Усач потерял дар своей исковерканной речи. На его практике впервые невольник смел вмешиваться в разговор господ. Горбун-продавец сориентировался первым. Он закричал на Армана Ги, уже не принадлежащего ему.
— Забудь об этом. Теперь ты сам слуга!
Но грек уже очухался. Чем-то ему такой поворот даже понравился.
— А что, — усмехнулся он, — я первый буду иметь раба, у которого будет слуга.
Продавец мгновенно понял свою пользу и бурно поддержал остроумную мысль клиента. Взоры повернулись в сторону уродца Лако. Конечно, ликом он краше не стал за время морского путешествия, но все остальное… Грек с интересом оглядел квадратную мускулистую фигуру, поднял глаза на дощечку с ценой и увидев, что там написано всего — шесть франков, крикнул:
— Беру!
Отсчитывая деньги растерянному горбуну, он поинтересовался:
— Откуда взялся этот парень? Вы только что его сюда привели? Я с самого утра здесь на набережной и не видел его.
Горбун ничего не мог ему ответить.
Кстати, с вопроса на эту тему и начался разговор между господином рабом и его слугой в трюме греческого корабля, направлявшегося бог весть в какие края.
— Почему, Лако, тебя так никто и не купил до самого конца торгов.
Слуга ответил лаконично и немного загадочно.
— Я умею так стоять, что меня никто не купит.
Впрочем, у Армана Ги голова была больше занята размышлениями о своем будущем, поэтому он пропустил мимо ушей эту не вполне ясную фразу, сочтя ее просто косноязычной. Может быть, так оно и было.
Кроме размышлений о будущем, которые, как показывает тысячелетняя практика, особого смысли не имеют, глодало душу и то, что он не может понять смысл действий маркиза де Верни.
Почему он не убил неожиданного визитера, если счел опасным для себя? Почему не убил, если он является тайным сподвижником и поклонником Жака де Молэ? Может быть он пронюхал об истинных намерениях королевского посланца? Но как он мог догадаться, что бывший комтур Байе королевский посланец? Не Филипп же уведомил его об этом.
Какая-то тайна скрывается за странностями в поведении кипрского командора. Но какая? Тайна тамплиерского золота? Нет, Арман Ги энергично помогал головой. Чушь! Жак де Молэ никогда бы не доверил свою казну человеку, которого некогда сажал в подземелье.
Нет, тайну, именно тайну скрывал маркиз, избавляясь от присутствия бывшего комтура. Но все-таки почему он не убил?! Могила, как известно, лучшее хранилище для тайн.
На этот вопрос ответа не было.
Господин попробовал поделиться своими интеллектуальными мучениями со своим рабом, но тот стал зевать уже на третьем повороте мыслительного сюжета.
— Ладно, спи! — усмехнулся рыцарь.
ГЛАВА ДЕСЯТАЯ. АВИНЬОН
На папском престоле, за несколько веков его существования, перебывало много всяких людей.

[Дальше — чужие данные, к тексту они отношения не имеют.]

-- ===== src/LeakyBucket.antt =====
-- STCN/Session1/Lab_Session_1/Exp08_Traffic_Shaping/leaky_bucket.c: the simulation of `main`, for
-- any trace of arrivals.
pub mod Shaping
mod Tests
use study_in_tezpur_universi.Common.{
  ℕ, zero, suc, ◌+◌, ◌-◌, List, [], ◌∷◌, Option, none, some, ltb, leb, ◌==◌, if◌then◌else◌, Bool,
  true, false,
}
use mathlib.Core.Option

abbrev pub bucket_capacity : ℕ
bucket_capacity = 10

abbrev pub leak_rate : ℕ
leak_rate = 3

pub record TimeSlot : Type 0 where
  pub time : ℕ
  pub incoming : ℕ

-- The trace of `main`.
abbrev pub main_trace : List TimeSlot
main_trace =
    record { time = 1; incoming = 4 }
    ∷ record { time = 2; incoming = 8 }
    ∷ record { time = 3; incoming = 6 }
    ∷ record { time = 4; incoming = 2 }
    ∷ record { time = 5; incoming = 0 }
    ∷ record { time = 6; incoming = 5 }
    ∷ []

-- A printed row.
pub record Row : Type 0 where
  pub time : ℕ
  pub incoming : ℕ
  pub buffer_before : ℕ
  pub sent : ℕ
  pub dropped : ℕ
  pub buffer_after : ℕ

-- The arrivals of a second, and the slots of the trace behind `trace_idx` then.
pub arrivals : ℕ → List TimeSlot → ℕ × List TimeSlot
arrivals time [] = (0, [])
arrivals time (slot ∷ trace) =
    if slot.time == time then (slot.incoming, trace) else (0, slot ∷ trace)

-- One second: the arrivals fill the bucket, what overflows is dropped, and packets leak out.
pub shape : ℕ → ℕ → ℕ → Row
shape time bucket_content incoming =
    let overflow = ltb bucket_capacity (bucket_content + incoming) in
    let dropped = if overflow then bucket_content + incoming - bucket_capacity else 0 in
    let filled = if overflow then bucket_capacity else bucket_content + incoming in
    record {
      time = time;
      incoming = incoming;
      buffer_before = bucket_content;
      sent = if leb leak_rate filled then leak_rate else filled;
      dropped = dropped;
      buffer_after = if leb leak_rate filled then filled - leak_rate else 0;
    }

abbrev pub is_empty : List TimeSlot → Bool
is_empty [] = true
is_empty (slot ∷ trace) = false

-- The `while` loop; `none` means that the fuel ran out.
pub simulate : ℕ → ℕ → List TimeSlot → ℕ → Option (List Row)
unfolding arrivals shape
simulate zero time trace bucket_content = none
simulate (suc fuel) time trace bucket_content =
    let (incoming, trace') = arrivals time trace in
    let row = shape time bucket_content incoming in
    let rest = Option.map (◌∷◌ row) (simulate fuel (time + 1) trace' row.buffer_after) in
    if is_empty trace then (if ltb 0 bucket_content then rest else some []) else rest
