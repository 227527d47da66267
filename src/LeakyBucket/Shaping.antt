-- ===== src/LeakyBucket/Shaping.antt =====
-- leaky_bucket.c: the output rate is bounded, the bucket never overflows, no packet is lost but
-- those counted as dropped, and the simulation ends.
use mathlib.Core.Option
use mathlib.Core.Path.{subst}
use study_in_tezpur_universi.Common.{
  ℕ, zero, suc, ◌+◌, ◌-◌, ◌≤◌, ◌<◌, ◌≡◌, refl, List, [], ◌∷◌, Option, some, ◌==◌, false, arith,
  Bool-cases, inl, inr, ◌⊎◌, ◌∙◌,
}
use study_in_tezpur_universi.LeakyBucket.{
  bucket_capacity, leak_rate, TimeSlot, Row, arrivals, shape, simulate, is_empty,
}

-- One second sends at most the rate, fills no more than the capacity and loses no packet.
pub record IsShaped (r : Row) : Type 0 where
  pub rate : r.sent ≤ leak_rate
  pub bounded : r.buffer_after ≤ bucket_capacity
  pub conserved : r.buffer_before + r.incoming ≡ r.sent + r.dropped + r.buffer_after

-- One second sends at most the leak rate, leaves at most the capacity in the bucket, and accounts
-- for each packet as sent, dropped or left.
pub shape-IsShaped :
    (time bucket_content incoming : ℕ) → IsShaped (shape time bucket_content incoming)
unfolding shape
shape-IsShaped time bucket_content incoming = ground arith

-- If a second that starts with a bucket within its capacity drops packets, then it sends at the
-- full rate, and what was in the bucket and arrived is the capacity and what is dropped.
pub shape_drops :
    (time bucket_content incoming : ℕ)
    → bucket_content ≤ bucket_capacity
    → 0 < (shape time bucket_content incoming).dropped
    → ((shape time bucket_content incoming).sent ≡ leak_rate)
      × (bucket_content + incoming ≡ bucket_capacity + (shape time bucket_content incoming).dropped)
unfolding shape
shape_drops time bucket_content incoming fits h = ground arith

abbrev pub incoming_of : List TimeSlot → ℕ
incoming_of [] = 0
incoming_of (slot ∷ trace) = slot.incoming + incoming_of trace

abbrev pub sent_of : List Row → ℕ
sent_of [] = 0
sent_of (r ∷ rows) = r.sent + sent_of rows

abbrev pub dropped_of : List Row → ℕ
dropped_of [] = 0
dropped_of (r ∷ rows) = r.dropped + dropped_of rows

abbrev pub AllShaped : List Row → Type 0
AllShaped [] = Unit
AllShaped (r ∷ rows) = IsShaped r × AllShaped rows

arrivals_sum :
    (time : ℕ) (trace : List TimeSlot)
    → (arrivals time trace).0 + incoming_of (arrivals time trace).1 ≡ incoming_of trace
unfolding arrivals
arrivals_sum time [] = refl
arrivals_sum time (slot ∷ trace) = elim (Bool-cases (slot.time == time)) [
  | inl now ↦ rw now
  | inr later ↦ rw later (omega arith)
]

-- The rows of a run: each second is shaped, and what arrived was sent or dropped.
pub record IsRun (trace : List TimeSlot) (bucket_content : ℕ) (rows : List Row) : Type 0 where
  pub shaped : AllShaped rows
  pub conserved : bucket_content + incoming_of trace ≡ sent_of rows + dropped_of rows

shape_fields :
    (time bucket_content incoming : ℕ)
    → ((shape time bucket_content incoming).buffer_before ≡ bucket_content)
      × ((shape time bucket_content incoming).incoming ≡ incoming)
unfolding shape
shape_fields time bucket_content incoming = (refl, refl)

shape_leaks : (time n : ℕ) → (shape time (suc n) 0).buffer_after < suc n
unfolding shape
shape_leaks time n = ground arith

simulate-more :
    (fuel time bucket_content : ℕ) (trace : List TimeSlot)
    → is_empty trace ≡ false ⊎ (0 < bucket_content)
    → simulate (suc fuel) time trace bucket_content
      ≡ Option.map (◌∷◌ (shape time bucket_content (arrivals time trace).0)) (
          simulate fuel
            (time + 1)
            (arrivals time trace).1
            (shape time bucket_content (arrivals time trace).0).buffer_after)
unfolding simulate
simulate-more fuel time bucket_content [] h = ground arith
simulate-more fuel time bucket_content (slot ∷ trace) h = refl

-- A run that ends.
abbrev pub Ends : List TimeSlot → ℕ → Option (List Row) → Type 0
Ends trace bucket_content r = (rows : List Row) × (r ≡ some rows) × IsRun trace bucket_content rows

simulate-done : (fuel time : ℕ) → simulate (suc fuel) time [] 0 ≡ some []
unfolding simulate
simulate-done fuel time = refl

-- One more second in front of a run.
Ends-more :
    (fuel time bucket_content : ℕ) (trace : List TimeSlot)
    → is_empty trace ≡ false ⊎ (0 < bucket_content)
    → Ends
        (arrivals time trace).1
        (shape time bucket_content (arrivals time trace).0).buffer_after
        (simulate fuel
          (time + 1)
          (arrivals time trace).1
          (shape time bucket_content (arrivals time trace).0).buffer_after)
    → Ends trace bucket_content (simulate (suc fuel) time trace bucket_content)
Ends-more fuel time bucket_content trace h (rows, e, run) =
    let row = shape time bucket_content (arrivals time trace).0 in
    let shaped = shape-IsShaped time bucket_content (arrivals time trace).0 in
    (
      row ∷ rows,
      simulate-more fuel time bucket_content trace h ∙ rw e,
      record {
        shaped = (shaped, run.shaped);
        conserved = omega (
          arith,
          run.conserved,
          shape_fields time bucket_content (arrivals time trace).0,
          shaped.conserved,
          arrivals_sum time trace,
        );
      },
    )

-- Behind the trace the bucket is emptied.
drain-Ends :
    (fuel time bucket_content : ℕ)
    → bucket_content < fuel
    → Ends [] bucket_content (simulate fuel time [] bucket_content)
drain-Ends zero time bucket_content h = absurd (omega arith)
drain-Ends (suc fuel) time zero h =
    ([], simulate-done fuel time, record { shaped = tt; conserved = refl })
drain-Ends (suc fuel) time (suc n) h =
    let none_left : arrivals time [] ≡ (0, []) = unfold arrivals in refl in
    Ends-more fuel time (suc n) [] (inr (omega arith)) (
      rw none_left (
        drain-Ends fuel (time + 1) (shape time (suc n) 0).buffer_after
          (omega (arith, shape_leaks time n))))

-- Slots in ascending order of time, from `time` on and before `end`.
abbrev pub IsAscending : ℕ → ℕ → List TimeSlot → Type 0
IsAscending time end [] = Unit
IsAscending time end (slot ∷ trace) =
    (time ≤ slot.time) × (slot.time < end) × IsAscending (slot.time + 1) end trace

-- On a trace in ascending order of time, from the current time on and before `end`, with a bucket
-- within its capacity and a round for each second left and each packet of the capacity, the
-- simulation ends; each second is shaped, and what was in the bucket and arrived was sent or
-- dropped.
pub simulate-Ends :
    (fuel time end bucket_content : ℕ) (trace : List TimeSlot)
    → IsAscending time end trace
    → bucket_content ≤ bucket_capacity
    → (end - time) + bucket_capacity < fuel
    → Ends trace bucket_content (simulate fuel time trace bucket_content)
simulate-Ends fuel time end bucket_content [] order fits enough =
    drain-Ends fuel time bucket_content (omega arith)
simulate-Ends zero time end bucket_content (slot ∷ trace) order fits enough = absurd (omega arith)
simulate-Ends (suc fuel) time end bucket_content (slot ∷ trace) order fits enough =
    elim (Bool-cases (slot.time == time)) [
      | inl now ↦
          let e : slot.time ≡ time = ground arith in
          let a : arrivals time (slot ∷ trace) ≡ (slot.incoming, trace) =
            unfold arrivals in rw now in
          let r = shape time bucket_content slot.incoming in
          let order' = subst (λ (t : ℕ). IsAscending (t + 1) end trace) e order.2 in
          Ends-more fuel time bucket_content (slot ∷ trace) (inl refl) (
            rw a (
              simulate-Ends fuel (time + 1) end r.buffer_after trace order'
                (shape-IsShaped time bucket_content slot.incoming).bounded (omega arith)))
      | inr later ↦
          let a : arrivals time (slot ∷ trace) ≡ (0, slot ∷ trace) = unfold arrivals in rw later in
          let r = shape time bucket_content 0 in
          let next : time + 1 ≤ slot.time = ground arith in
          Ends-more fuel time bucket_content (slot ∷ trace) (inl refl) (
            rw a (
              simulate-Ends fuel (time + 1) end r.buffer_after (slot ∷ trace)
                (next, order.1, order.2) (shape-IsShaped time bucket_content 0).bounded
                (omega arith)))
    ]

Были папы философы и папы-кретины; папы-сластолюбцы и папы-святые; папы лгуны и папы воплощения благородства; папы-консерваторы и, соответственно, реформаторы; папы-итальянцы и папы не итальянцы; папы-молодые люди и папы-старики, папы здоровые и папы больные. Наконец, были папы римские и папы авиньонские. Одним из которых являлся папа Климент V.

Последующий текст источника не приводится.